Transcribe the entries exactly as each line appears.

_ _ _ _ _ _ _

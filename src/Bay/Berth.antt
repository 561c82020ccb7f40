-- ===== src/Bay/Berth.antt =====
-- The half of the docking invariant that survives a ship whose docked bit is cleared behind the
-- base's back, as `orbit` does: every docked ship stands in the bay that it names.
use netrek_server.Base.{
  ℕ, ℤ, ◌<◌, ◌≡◌, ◌≢◌, ◌∙◌, ap, refl, true, false, none, some, arith, put, loop_inv, inl, inr,
  Option-cases,
}
use netrek_server.Game.{Player, Flags, num_bays}
use netrek_server.Bay.Moor.{
  bay_claim-p_no, bay_claim-dock, bay_claim-dock_with, bay_claim-dock_bay, bay_claim-bays,
}
use netrek_server.Bay.Consistency.{bay_consistency_check_lem}
use netrek_server.Bay.{
  Players, bay_consistency_check, bay_release, bay_release_all, release_bay, bay_claim, bay_closest,
}

pub record IsBerthed (ps : Players) : Type 0 where
  -- slot numbers are indices
  pub numbered : (s : ℕ) → (ps s).p_no ≡ s
  -- a docked ship stands in the bay that it names
  pub claimed :
      (s : ℕ)
      → (ps s).p_flags.dock ≡ true
      → ((ps s).p_dock_bay < num_bays) × ((ps (ps s).p_dock_with).p_bays (ps s).p_dock_bay ≡ some s)

-- Two structures that agree on what docking is about.
pub record SameMooring (p q : Player) : Type 0 where
  pub same_no : p.p_no ≡ q.p_no
  pub same_dock : p.p_flags.dock ≡ q.p_flags.dock
  pub same_with : p.p_dock_with ≡ q.p_dock_with
  pub same_bay : p.p_dock_bay ≡ q.p_dock_bay
  pub same_bays : (i : ℕ) → p.p_bays i ≡ q.p_bays i

pub put-IsBerthed :
    (me : ℕ) (p : Player) (ps : Players)
    → SameMooring p (ps me)
    → IsBerthed ps
    → IsBerthed (put ps me p)
put-IsBerthed me p ps e v = record {
  numbered = λ s. ground (arith, v.numbered s);
  claimed = λ s d. ground (arith, v.claimed s, e.same_bays (ps s).p_dock_bay);
}

-- No two ships are docked at one bay of one base.
pub berths_differ :
    (ps : Players) (s t : ℕ)
    → IsBerthed ps
    → (ps s).p_flags.dock ≡ true
    → (ps t).p_flags.dock ≡ true
    → (ps s).p_dock_with ≡ (ps t).p_dock_with
    → (ps s).p_dock_bay ≡ (ps t).p_dock_bay
    → s ≡ t
berths_differ ps s t v ds dt w k = ground (arith, v.claimed s ds, v.claimed t dt)

pub bay_release-IsBerthed : (me : ℕ) (ps : Players) → IsBerthed ps → IsBerthed (bay_release me ps)
unfolding bay_release
bay_release-IsBerthed me ps v = record {
  numbered = λ s. ground (arith, v.numbered s);
  claimed = λ s d. ground (arith, v.claimed s, v.claimed me);
}

-- Clearing the docked bit alone, with the bay left as it was.
pub undock-IsBerthed :
    (me : ℕ) (ps : Players) (f : Flags)
    → f.dock ≡ false
    → IsBerthed ps
    → IsBerthed (put ps me (record (ps me) { p_flags = f }))
undock-IsBerthed me ps f e v = record {
  numbered = λ s. ground (arith, v.numbered s);
  claimed = λ s d. ground (arith, v.claimed s);
}

-- A claim of a vacant bay, by a ship whose earlier berth, if any, no longer counts.
pub bay_claim-IsBerthed :
    (b me k : ℕ) (ps : Players)
    → ((s : ℕ) → (ps s).p_no ≡ s)
    → ((s : ℕ)
        → me ≢ s
        → (ps s).p_flags.dock ≡ true
        → ((ps s).p_dock_bay < num_bays)
          × ((ps (ps s).p_dock_with).p_bays (ps s).p_dock_bay ≡ some s))
    → k < num_bays
    → (ps b).p_bays k ≡ none
    → IsBerthed (bay_claim b me k ps)
bay_claim-IsBerthed b me k ps num others lt vacant = record {
  numbered = λ s. bay_claim-p_no b me k ps s ∙ num s;
  claimed = λ s d.
      rw (bay_claim-dock_with b me k ps s, bay_claim-dock_bay b me k ps s, bay_claim-bays b me k ps)
        (ground (arith, others s, num me, num b, num s, rw (bay_claim-dock b me k ps s) at d));
}

release_bay-IsBerthed : (b i : ℕ) (ps : Players) → IsBerthed ps → IsBerthed (release_bay b i ps)
unfolding release_bay
release_bay-IsBerthed b i ps v = elim (Option-cases ((ps b).p_bays i)) [
  | inl e ↦ rw (e, release_bay) v
  | inr h ↦
      rw (h.1, release_bay)
        (record {
          numbered = λ s. ground (arith, v.numbered s);
          claimed = λ s d. ground (arith, v.claimed s);
        })
]

pub bay_release_all-IsBerthed :
    (b : ℕ) (ps : Players) → IsBerthed ps → IsBerthed (bay_release_all b ps)
unfolding bay_release_all
bay_release_all-IsBerthed b ps v =
    loop_inv (λ i qs. IsBerthed qs) (release_bay b) num_bays 0 num_bays ps refl
      (λ i qs lo hi h. release_bay-IsBerthed b i qs h) v

-- The consistency check vacates no bay that a docked ship stands in.
pub bay_consistency_check-IsBerthed :
    (b : ℕ) (ps : Players) → IsBerthed ps → IsBerthed (bay_consistency_check b ps)
bay_consistency_check-IsBerthed b ps v = record {
  numbered = λ s. ap (λ (p : Player). p.p_no) (rest s) ∙ v.numbered s;
  claimed = λ s d.
      rw
        (
          ap (λ (p : Player). p.p_dock_with) (rest s),
          ap (λ (p : Player). p.p_dock_bay) (rest s),
          (bay_consistency_check_lem b ps).0,
        )
        (ground (arith, v.claimed s, v.numbered b, ap (λ (p : Player). p.p_flags.dock) (rest s)));
}
  where
    rest : (j : ℕ) → record (bay_consistency_check b ps j) { p_bays = (ps j).p_bays } ≡ ps j
    rest = (bay_consistency_check_lem b ps).1

pub bay_closest-IsBerthed :
    (b : ℕ) (dx dy : ℤ) (ps : Players) → IsBerthed ps → IsBerthed (bay_closest b dx dy ps).1
unfolding bay_closest
bay_closest-IsBerthed b dx dy ps v = bay_consistency_check-IsBerthed b ps v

_ _ _ _ _ _ _

### Solution for this exercise
filename src/Bay/Berth.antt
repository 561c82020ccb7f40
-- ===== src/Bay/Berth.antt =====
-- The half of the docking invariant that survives a ship whose docked bit is cleared behind the
-- base's back, as `orbit` does: every docked ship stands in the bay that it names.
use netrek_server.Base.{
  ℕ, ℤ, ◌<◌, ◌≡◌, ◌≢◌, ◌∙◌, ap, refl, true, false, none, some, arith, put, loop_inv, inl, inr,
  Option-cases,
}
use netrek_server.Game.{Player, Flags, num_bays}
use netrek_server.Bay.Moor.{
  bay_claim-p_no, bay_claim-dock, bay_claim-dock_with, bay_claim-dock_bay, bay_claim-bays,
}
use netrek_server.Bay.Consistency.{bay_consistency_check_lem}
use netrek_server.Bay.{
  Players, bay_consistency_check, bay_release, bay_release_all, release_bay, bay_claim, bay_closest,
}

pub record IsBerthed (ps : Players) : Type 0 where
  -- slot numbers are indices
  pub numbered : (s : ℕ) → (ps s).p_no ≡ s
  -- a docked ship stands in the bay that it names
  pub claimed :
      (s : ℕ)
      → (ps s).p_flags.dock ≡ true
      → ((ps s).p_dock_bay < num_bays) × ((ps (ps s).p_dock_with).p_bays (ps s).p_dock_bay ≡ some s)

-- Two structures that agree on what docking is about.
pub record SameMooring (p q : Player) : Type 0 where
  pub same_no : p.p_no ≡ q.p_no
  pub same_dock : p.p_flags.dock ≡ q.p_flags.dock
  pub same_with : p.p_dock_with ≡ q.p_dock_with
  pub same_bay : p.p_dock_bay ≡ q.p_dock_bay
  pub same_bays : (i : ℕ) → p.p_bays i ≡ q.p_bays i

pub put-IsBerthed :
    (me : ℕ) (p : Player) (ps : Players)
    → SameMooring p (ps me)
    → IsBerthed ps
    → IsBerthed (put ps me p)
put-IsBerthed me p ps e v = record {
  numbered = λ s. ground (arith, v.numbered s);
  claimed = λ s d. ground (arith, v.claimed s, e.same_bays (ps s).p_dock_bay);
}

-- No two ships are docked at one bay of one base.
pub berths_differ :
    (ps : Players) (s t : ℕ)
    → IsBerthed ps
    → (ps s).p_flags.dock ≡ true
    → (ps t).p_flags.dock ≡ true
    → (ps s).p_dock_with ≡ (ps t).p_dock_with
    → (ps s).p_dock_bay ≡ (ps t).p_dock_bay
    → s ≡ t
berths_differ ps s t v ds dt w k = ground (arith, v.claimed s ds, v.claimed t dt)

pub bay_release-IsBerthed : (me : ℕ) (ps : Players) → IsBerthed ps → IsBerthed (bay_release me ps)
unfolding bay_release
bay_release-IsBerthed me ps v = record {
  numbered = λ s. ground (arith, v.numbered s);
  claimed = λ s d. ground (arith, v.claimed s, v.claimed me);
}

-- Clearing the docked bit alone, with the bay left as it was.
pub undock-IsBerthed :
    (me : ℕ) (ps : Players) (f : Flags)
    → f.dock ≡ false
    → IsBerthed ps
    → IsBerthed (put ps me (record (ps me) { p_flags = f }))
undock-IsBerthed me ps f e v = record {
  numbered = λ s. ground (arith, v.numbered s);
  claimed = λ s d. ground (arith, v.claimed s);
}

-- A claim of a vacant bay, by a ship whose earlier berth, if any, no longer counts.
pub bay_claim-IsBerthed :
    (b me k : ℕ) (ps : Players)
    → ((s : ℕ) → (ps s).p_no ≡ s)
    → ((s : ℕ)
        → me ≢ s
        → (ps s).p_flags.dock ≡ true
        → ((ps s).p_dock_bay < num_bays)
          × ((ps (ps s).p_dock_with).p_bays (ps s).p_dock_bay ≡ some s))
    → k < num_bays
    → (ps b).p_bays k ≡ none
    → IsBerthed (bay_claim b me k ps)
bay_claim-IsBerthed b me k ps num others lt vacant = record {
  numbered = λ s. bay_claim-p_no b me k ps s ∙ num s;
  claimed = λ s d.
      rw (bay_claim-dock_with b me k ps s, bay_claim-dock_bay b me k ps s, bay_claim-bays b me k ps)
        (ground (arith, others s, num me, num b, num s, rw (bay_claim-dock b me k ps s) at d));
}

release_bay-IsBerthed : (b i : ℕ) (ps : Players) → IsBerthed ps → IsBerthed (release_bay b i ps)
unfolding release_bay
release_bay-IsBerthed b i ps v = elim (Option-cases ((ps b).p_bays i)) [
  | inl e ↦ rw (e, release_bay) v
  | inr h ↦
      rw (h.1, release_bay)
        (record {
          numbered = λ s. ground (arith, v.numbered s);
          claimed = λ s d. ground (arith, v.claimed s);
        })
]

pub bay_release_all-IsBerthed :
    (b : ℕ) (ps : Players) → IsBerthed ps → IsBerthed (bay_release_all b ps)
unfolding bay_release_all
bay_release_all-IsBerthed b ps v =
    loop_inv (λ i qs. IsBerthed qs) (release_bay b) num_bays 0 num_bays ps refl
      (λ i qs lo hi h. release_bay-IsBerthed b i qs h) v

-- The consistency check vacates no bay that a docked ship stands in.
pub bay_consistency_check-IsBerthed :
    (b : ℕ) (ps : Players) → IsBerthed ps → IsBerthed (bay_consistency_check b ps)
bay_consistency_check-IsBerthed b ps v = record {
  numbered = λ s. ap (λ (p : Player). p.p_no) (rest s) ∙ v.numbered s;
  claimed = λ s d.
      rw
        (
          ap (λ (p : Player). p.p_dock_with) (rest s),
          ap (λ (p : Player). p.p_dock_bay) (rest s),
          (bay_consistency_check_lem b ps).0,
        )
        (ground (arith, v.claimed s, v.numbered b, ap (λ (p : Player). p.p_flags.dock) (rest s)));
}
  where
    rest : (j : ℕ) → record (bay_consistency_check b ps j) { p_bays = (ps j).p_bays } ≡ ps j
    rest = (bay_consistency_check_lem b ps).1

pub bay_closest-IsBerthed :
    (b : ℕ) (dx dy : ℤ) (ps : Players) → IsBerthed ps → IsBerthed (bay_closest b dx dy ps).1
unfolding bay_closest
bay_closest-IsBerthed b dx dy ps v = bay_consistency_check-IsBerthed b ps v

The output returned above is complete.